Wondering if anyone else is having similar quality issues with Printful. 

I've placed multiple sample orders recently and with each I've had major quality issues - print quality, image placement, as well as, damaged merchandise. With each order I'm always assured by Printful support that they have quality control to prevent these issues. However, with each new order the issues remain. 

I would like to assume that perhaps there is a lack of QA/QC on samples vs. regular orders... but, I'm not confident in that assumption. Nor am I confident in using the service now as it would result in too many dissatisfied customers. 

Is this commonplace? Anyone else experiencing this high percentage of issues? Am I better off with a different POD company? From what I've read and researched Printful is considered one of the best....


----------



## EdwardZ (Apr 11, 2018)

Hey! Edward from Printful here! This sounds like a really unusual situation as our problem rate is low and we highly value the quality of our products and services. Sample orders go through the same process as regular orders and there isn't a difference in quality control. Feel free to reach out to us if there's anything you need help with! We also offer reshipment/refund for damaged products.


----------



## herbertm7 (Oct 1, 2018)

EdwardZ said:


> Hey! Edward from Printful here! This sounds like a really unusual situation as our problem rate is low and we highly value the quality of our products and services. Sample orders go through the same process as regular orders and there isn't a difference in quality control. Feel free to reach out to us if there's anything you need help with! We also offer reshipment/refund for damaged products.

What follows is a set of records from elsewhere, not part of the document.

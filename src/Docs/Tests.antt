-- ===== src/Docs/Tests.antt =====
-- The theorems on documents at a small one.
use kratos_micro_layout.Prelude.{
  ◌≡◌, refl, true, false, List, [], ◌∷◌, ◌++◌, Text, codes, All, Option, none, some,
}
use kratos_micro_layout.Text.{contains, has_prefix}
use kratos_micro_layout.Http.{Request, new_writer, get}
use kratos_micro_layout.Docs.{
  with_security_scheme, unlines, is_openapi, is_components, is_servers, is_url, url_first,
  scheme_lines, security_lines, origin, handle_spec, Mounts, register,
}
use kratos_micro_layout.Docs.Lines.{IsLine, Keeps}
use kratos_micro_layout.Docs.Inserted.{HasBlock, any_line}
use kratos_micro_layout.Docs.Scheme.{with_security_scheme_lem}
use kratos_micro_layout.Docs.Served.{IsServed, register-IsServed}

abbrev small : List Text
small = codes "openapi: 3.0.3" ∷ codes "paths: {}" ∷ []

small_lines : All IsLine small
unfolding contains
small_lines = (refl, (refl, tt))

versioned : any_line is_openapi small ≡ true
unfolding any_line is_openapi has_prefix
versioned = refl

with_security_scheme_lem_example :
    (out : List Text) × (with_security_scheme (unlines small []) ≡ unlines out [])
    × Keeps small out
    × HasBlock is_components scheme_lines out
    × HasBlock is_openapi security_lines out
with_security_scheme_lem_example = with_security_scheme_lem small small_lines versioned

abbrev pre : List Text
pre = codes "openapi: 3.0.3" ∷ []

abbrev post : List Text
post = codes "paths: {}" ∷ []

abbrev first_url : Text
first_url = codes "    - url: http://a"

abbrev second_url : Text
second_url = codes "    - url: http://b"

abbrev asked : Request
asked = record {
  remote_ip = none;
  method = codes "GET";
  host = codes "gateway:8000";
  tls = true;
  scheme = [];
  url_host = [];
  path = codes "/openapi.yaml";
  header = [];
}

whole_fits : All IsLine (pre ++ codes "servers:" ∷ first_url ∷ (second_url ∷ []) ++ post)
unfolding contains
whole_fits = (refl, (refl, (refl, (refl, (refl, tt)))))

no_last : IsLine []
unfolding contains
no_last = refl

tests :
    (any_line is_servers pre ≡ false)
    × (is_url first_url ≡ true)
    × (is_url second_url ≡ true)
    × (any_line is_servers post ≡ false)
    × (url_first post ≡ false)
    × (any_line is_openapi pre ≡ true)
unfolding any_line is_url url_first is_openapi has_prefix
tests = (refl, refl, refl, refl, refl, refl)

-- Every domain has the same document.
abbrev files : Text → Option Text
files name = some (unlines (pre ++ codes "servers:" ∷ first_url ∷ (second_url ∷ []) ++ post) [])

register-IsServed_example :
    (m : Mounts) × (register files (codes "user") ≡ some m)
    × IsServed pre post asked (handle_spec m.document asked new_writer)
register-IsServed_example =
    register-IsServed files (codes "user") pre (second_url ∷ []) post first_url asked new_writer
      refl whole_fits tests.5 tests.0 (tests.1, (tests.2, tt)) tests.3 tests.4 refl refl refl

from_gateway : origin asked ≡ codes "https://gateway:8000"
unfolding origin get
from_gateway = refl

Edward, thank you for responding my thread. 

I have indeed reached out to your team with each issue and each time I have found your teammates quick to reply, and very helpful in ordering reprints to right the error. However, this last time there has been radio silence. 

At a 75% error rate currently, I cannot successfully build a brand. While you offer refunds and re-prints I surely do not want 75% of customers experiencing an issue that require this action.

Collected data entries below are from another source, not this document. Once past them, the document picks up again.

-- ===== src/Gateway.antt =====
-- app/gateway: the reverse proxy in front of the services. `Upstream` keeps the nodes of a service,
-- `Handler` forwards to one of them behind `Breaker`, `Cors` and `Server` put the routes together.
pub mod Upstream
pub mod Breaker
pub mod Writers
pub mod Outbound
pub mod Handler
pub mod Cors
pub mod Server
pub mod Stack
pub mod Main
mod Tests
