-- ===== src/Lib.antt =====
-- A user-level thread library: cooperative threads with their own stacks, joins with a deadlock test,
-- mutexes, semaphores and signals. The model is the single-core build of the library (no MULTICORE,
-- no FP, no preemption), on x86-64, and of the multicore build the queues of its scheduler, the
-- caches of descriptors and stacks, and creation, yield, join and exit on a worker; the table of the
-- FP build; the contexts of the build without assembly; and the first version, under options/src.
--
-- A pointer to a descriptor is a number: 0 is NULL, `k + 1` is entry `k` of `hot_slab` and of
-- `cold_slab`, so that THREAD_COLD is the identity. Addresses of stacks, functions and values are
-- numbers too. A call takes the globals as a `State` (Mono) and ends with an `Outcome`: it returns,
-- it switches to the thread that is `current` in the new state, it jumps to a jump buffer, it leaves
-- for the end of the process, it aborts, or it crashes. What a call does when its thread runs again
-- is a function of its own, named `_resume`. A call on a worker of the multicore build takes a
-- `Cores`, ends with an `Ending`, and has the suffix `_mn`; at a spinlock that is held it stops there.
--
--   Base        numbers, Boolean tests, lists of slots, bits of a byte
--   Sched       src/scheduler.h: the circular list of ready threads. `Ring h c xs` says that `c` runs
--               and `xs` are ready, in the order of `sched_next`
--   FreeList    chains through one link: free lists and queues
--   WaitQueue   src/thread_sync.c: `wq_append`, `wq_pop`
--   Cold        src/thread_internal.h: `thread_cold_t`, `thread_cold_reset`
--   Mono        src/thread.c, src/context_switch.S: globals, allocators, first frame, switch
--   UnionFind   src/thread.c: `uf_find`, `uf_union`
--   Sync        src/thread_sync.c: mutexes, semaphores, signals
--   Thread      src/thread.c: create, yield, join, exit, priorities, start and
--               end of the process, which leaves `Remains` and notes the areas given to `munmap`
--   Cache       src/thread_mn.c: `thread_alloc`, `thread_release` of a worker, with its cache of
--               descriptors
--   StackCache  src/thread_mn.c: `stack_alloc` and `lazy_stack_alloc` of a worker, with its cache of
--               stacks
--   Deque       src/scheduler_mn.c: the Chase-Lev deque, each operation as a whole, and access by
--               access with the owner and any number of thieves interleaved
--   Runq        src/scheduler_mn.c: `try_steal`
--   Injector    src/scheduler_mn.c: `inj_push`, `try_drain_injector`
--   Balance     src/scheduler_mn.c: `runq_push`, `schedule_push_balance_cb`, the wake-ups, and one round of
--               `runq_pop_block`
--   Cores       src/thread_mn.c: create, yield, join and exit on a worker, with the locks of the threads; from
--               src/scheduler_mn.c: `schedule`, `schedule_park`, `schedule_exit`, the callbacks
--   Dedup       src/dedup.h: the table of the FP build, from a function and its argument to a thread
--   Portable    src/ctx_ucontext.c: contexts of the build without the assembly, their layout, and its
--               yield; `getcontext` and `makecontext` are the interface `Ucontext`
--   Early       options/src: the first version of the library, with descriptors of `malloc`, one
--               first-in first-out queue, `_setjmp` and `_longjmp`, in the build with preemption. The
--               queues of <sys/queue.h> are the interface `TailQueue`; its `Process` holds the signal
--               mask and the blocks that are allocated, and its calls have the suffix `_early`
--   Examples    concrete states on which the theorems are applied
--
-- Threads interact through the slab: the ready list and the wait queues use the same links, and
-- `Sync.Parked.Parked` states that they stand side by side. The function of a thread is not part of
-- the library: `thread_join` takes a `Body`, which runs it.
--
-- Loops run on fuel: `uf_find` needs more than the length of the way to the root, `uf_order` at most
-- two rounds, `sched_pick_highest` one round for each ready thread, `try_steal` gives its loop the
-- `n - 1` rounds that it has, and `thread_system_destroy` needs one round more than threads are
-- ready. The searches of Dedup are stated for any fuel where they are compared, and end within 256
-- rounds, one for each group, when a slot was never used. A refill of a cache of
-- descriptors has the 16 rounds that the code gives it, and one of a cache of stacks 8, and 9 to put
-- at most 8 stacks into the cache. The deadlock test of Early has fuel for its walk along `joining`, and its
-- `thread_system_destroy` one round more than threads are ready.
--
-- The deque is stated for indices below 2^63, and its interleavings for fewer than 2^63 accesses, which
-- no run reaches; its functions wrap around as the code does. All workers see the accesses in one
-- order: what weaker orderings than `seq_cst` allow is not modelled. A round of `runq_pop_block` is one
-- step of the model, which other workers do not interrupt; the sleep behind a round that finds nothing
-- is its result `waits`. The counter of a semaphore is an integer without bounds.
--
-- Not modelled: registers, Valgrind, signal masks and timers of src/ (calls of the system), condition
-- variables, the uses of the FP table in src/thread.c, of src/thread_mn.c start and end of the
-- process, the lock branches of src/thread_sync.c, the timer of
-- options/src, and the declarations for pthread in src/thread.h.
pub mod Base
pub mod Sched
pub mod FreeList
pub mod WaitQueue
pub mod Cold
pub mod Mono
pub mod UnionFind
pub mod Sync
pub mod Thread
pub mod Cache
pub mod Dedup
pub mod Deque
pub mod Runq
pub mod Injector
pub mod Early
pub mod Portable
pub mod StackCache
pub mod Balance
pub mod Cores
pub mod Examples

Some will say it is my files but I am 100% certain that is not the case as the prints themselves were never an issue and I communicated multiple times with your support team to ensure positioning and sizing were to my specifications. Rather, the issues were with imaging positioning and in one instance a damaged product. With each time the errors were not hard to identify and indeed the first thing I noticed even before fully unfolding the shirts. Surely these issues should have been noticed at the QA/QC phase of fulfillment.

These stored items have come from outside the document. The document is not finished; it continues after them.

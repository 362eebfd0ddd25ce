-- ===== src/Base/Lists.antt =====
-- Lists of slots: length, membership as a Boolean test, lists without repetition.
use Prim.Native.Nat.{ℕ, suc, ◌+◌}
use mathlib.Core.Path.{◌≡◌, refl}
use mathlib.Core.Logic.{◌⊎◌, inl, inr}
use mathlib.Core.Bool.{Bool, true, false, ◌||◌, or_assoc}
use mathlib.Core.List.{List, [], ◌∷◌, ◌++◌}
use native.Mathlib.Omega.{arith}
use ein8_proj.Base.Tests.{◌==◌, Bool-cases}

module _ {ℓ} {A : Type ℓ} where
  abbrev pub length : List A → ℕ
  length [] = 0
  length (x ∷ xs) = suc (length xs)

  pub length-append : (xs ys : List A) → length (xs ++ ys) ≡ length xs + length ys
  length-append [] ys = omega arith
  length-append (x ∷ xs) ys = omega (arith, length-append xs ys)

abbrev pub has : ℕ → List ℕ → Bool
has slot [] = false
has slot (first ∷ rest) = (slot == first) || has slot rest

infix 40 ◌∈◌ ◌∉◌
abbrev pub ◌∈◌ : ℕ → List ℕ → Type 0
slot ∈ slots = has slot slots ≡ true

abbrev pub ◌∉◌ : ℕ → List ℕ → Type 0
slot ∉ slots = has slot slots ≡ false

-- No slot stands in the list twice.
abbrev pub IsDistinct : List ℕ → Type 0
IsDistinct [] = Unit
IsDistinct (x ∷ xs) = (x ∉ xs) × IsDistinct xs

pub has-append :
    (slot : ℕ) (front back : List ℕ) → has slot (front ++ back) ≡ (has slot front || has slot back)
has-append slot [] back = refl
has-append slot (first ∷ rest) back = rw (has-append slot rest back, or_assoc)

pub IsDistinct-append_one :
    (xs : List ℕ) (t : ℕ) → IsDistinct xs → t ∉ xs → IsDistinct (xs ++ t ∷ [])
IsDistinct-append_one [] t d out = (refl, tt)
IsDistinct-append_one (x ∷ xs) t d out = (
  rw (has-append x xs (t ∷ [])) (ground (arith, d.0)),
  IsDistinct-append_one xs t d.1 (ground arith),
)

-- A list is empty or has a last element.
pub snoc-cases : (xs : List ℕ) → (xs ≡ []) ⊎ ((ys : List ℕ) × (y : ℕ) × (xs ≡ ys ++ y ∷ []))
snoc-cases [] = inl refl
snoc-cases (x ∷ xs) = elim (snoc-cases xs) [
  | inl e ↦ inr ([], x, rw e)
  | inr (ys, y, e) ↦ inr (x ∷ ys, y, rw e)
]

pub IsDistinct-append :
    (xs ys : List ℕ)
    → IsDistinct (xs ++ ys)
    → IsDistinct xs × IsDistinct ys × ((a : ℕ) → a ∈ xs → a ∉ ys)
IsDistinct-append [] ys d = (tt, d, λ a m. ground arith)
IsDistinct-append (x ∷ xs) ys (out, d) =
    let (dx, dy, apart) = IsDistinct-append xs ys d in
    (
      (ground (arith, has-append x xs ys), dx),
      dy,
      λ a m. ground (arith, apart a, has-append x xs ys, has-append a xs ys),
    )

pub append-IsDistinct :
    (xs ys : List ℕ)
    → IsDistinct xs
    → IsDistinct ys
    → ((a : ℕ) → a ∈ xs → a ∉ ys)
    → IsDistinct (xs ++ ys)
append-IsDistinct [] ys dx dy apart = dy
append-IsDistinct (x ∷ xs) ys (out, dx) dy apart = (
  rw (has-append x xs ys) (ground (arith, apart x)),
  append-IsDistinct xs ys dx dy (λ a m. apart a (ground arith)),
)

pub has-remove : (a b : ℕ) (xs ys : List ℕ) → has a (xs ++ b ∷ ys) ≡ ((a == b) || has a (xs ++ ys))
has-remove a b [] ys = refl
has-remove a b (x ∷ xs) ys = rw (has-remove a b xs ys) (ground arith)

pub IsDistinct-remove :
    (b : ℕ) (xs ys : List ℕ) → IsDistinct (xs ++ b ∷ ys) → IsDistinct (xs ++ ys) × (b ∉ xs ++ ys)
IsDistinct-remove b [] ys (out, d) = (d, out)
IsDistinct-remove b (x ∷ xs) ys (out, d) =
    let (d', out') = IsDistinct-remove b xs ys d in
    ((ground (arith, has-remove x b xs ys), d'), ground (arith, has-remove x b xs ys))

pub length-remove : (b : ℕ) (xs ys : List ℕ) → length (xs ++ b ∷ ys) ≡ suc (length (xs ++ ys))
length-remove b [] ys = refl
length-remove b (x ∷ xs) ys = omega (arith, length-remove b xs ys)

pub apart_sym : (xs ys : List ℕ) → ((a : ℕ) → a ∈ xs → a ∉ ys) → (a : ℕ) → a ∈ ys → a ∉ xs
apart_sym xs ys apart a i = elim (Bool-cases (has a xs)) [
  | inl j ↦ absurd (ground (arith, apart a j))
  | inr o ↦ o
]

pub not-mem_sub : (a : ℕ) (xs ys : List ℕ) → ((b : ℕ) → b ∈ xs → b ∈ ys) → a ∉ ys → a ∉ xs
not-mem_sub a xs ys sub out = elim (Bool-cases (has a xs)) [
  | inl i ↦ absurd (ground (arith, sub a i))
  | inr o ↦ o
]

I will continue to follow up with your support team.


----------



## EdwardZ (Apr 11, 2018)

Thanks for getting back to me! I understand your concerns but this really shouldn't be the case with your future orders as our problem rate is low already and we continue to improve it. Hope everything will work out for you and let me know if there's anything I can help you with!


----------



## sandrad123 (Dec 11, 2019)

Hey! I just stumbled on your thread -- I know it's from a year ago but would love to know which company you ended up going with for your new brand? I'm having the EXACT same issues with Printful that you mentioned in this thread. I've placed multiple sample orders and each time have had issues with the image placement, designs being blurry, damaged/dirty products etc. It's incredibly concerning as I know this will reflect badly on my brand and require constantly dealing with unhappy customers in the future.

Would SO appreciate any insight you have in regards to which company you decided to go with! Ideally I love the ease of Printful print-on-demand and fulfillment but I'm considering going with a smaller printing company to ensure better QC. Thanks for any insight you have! - Sandra


----------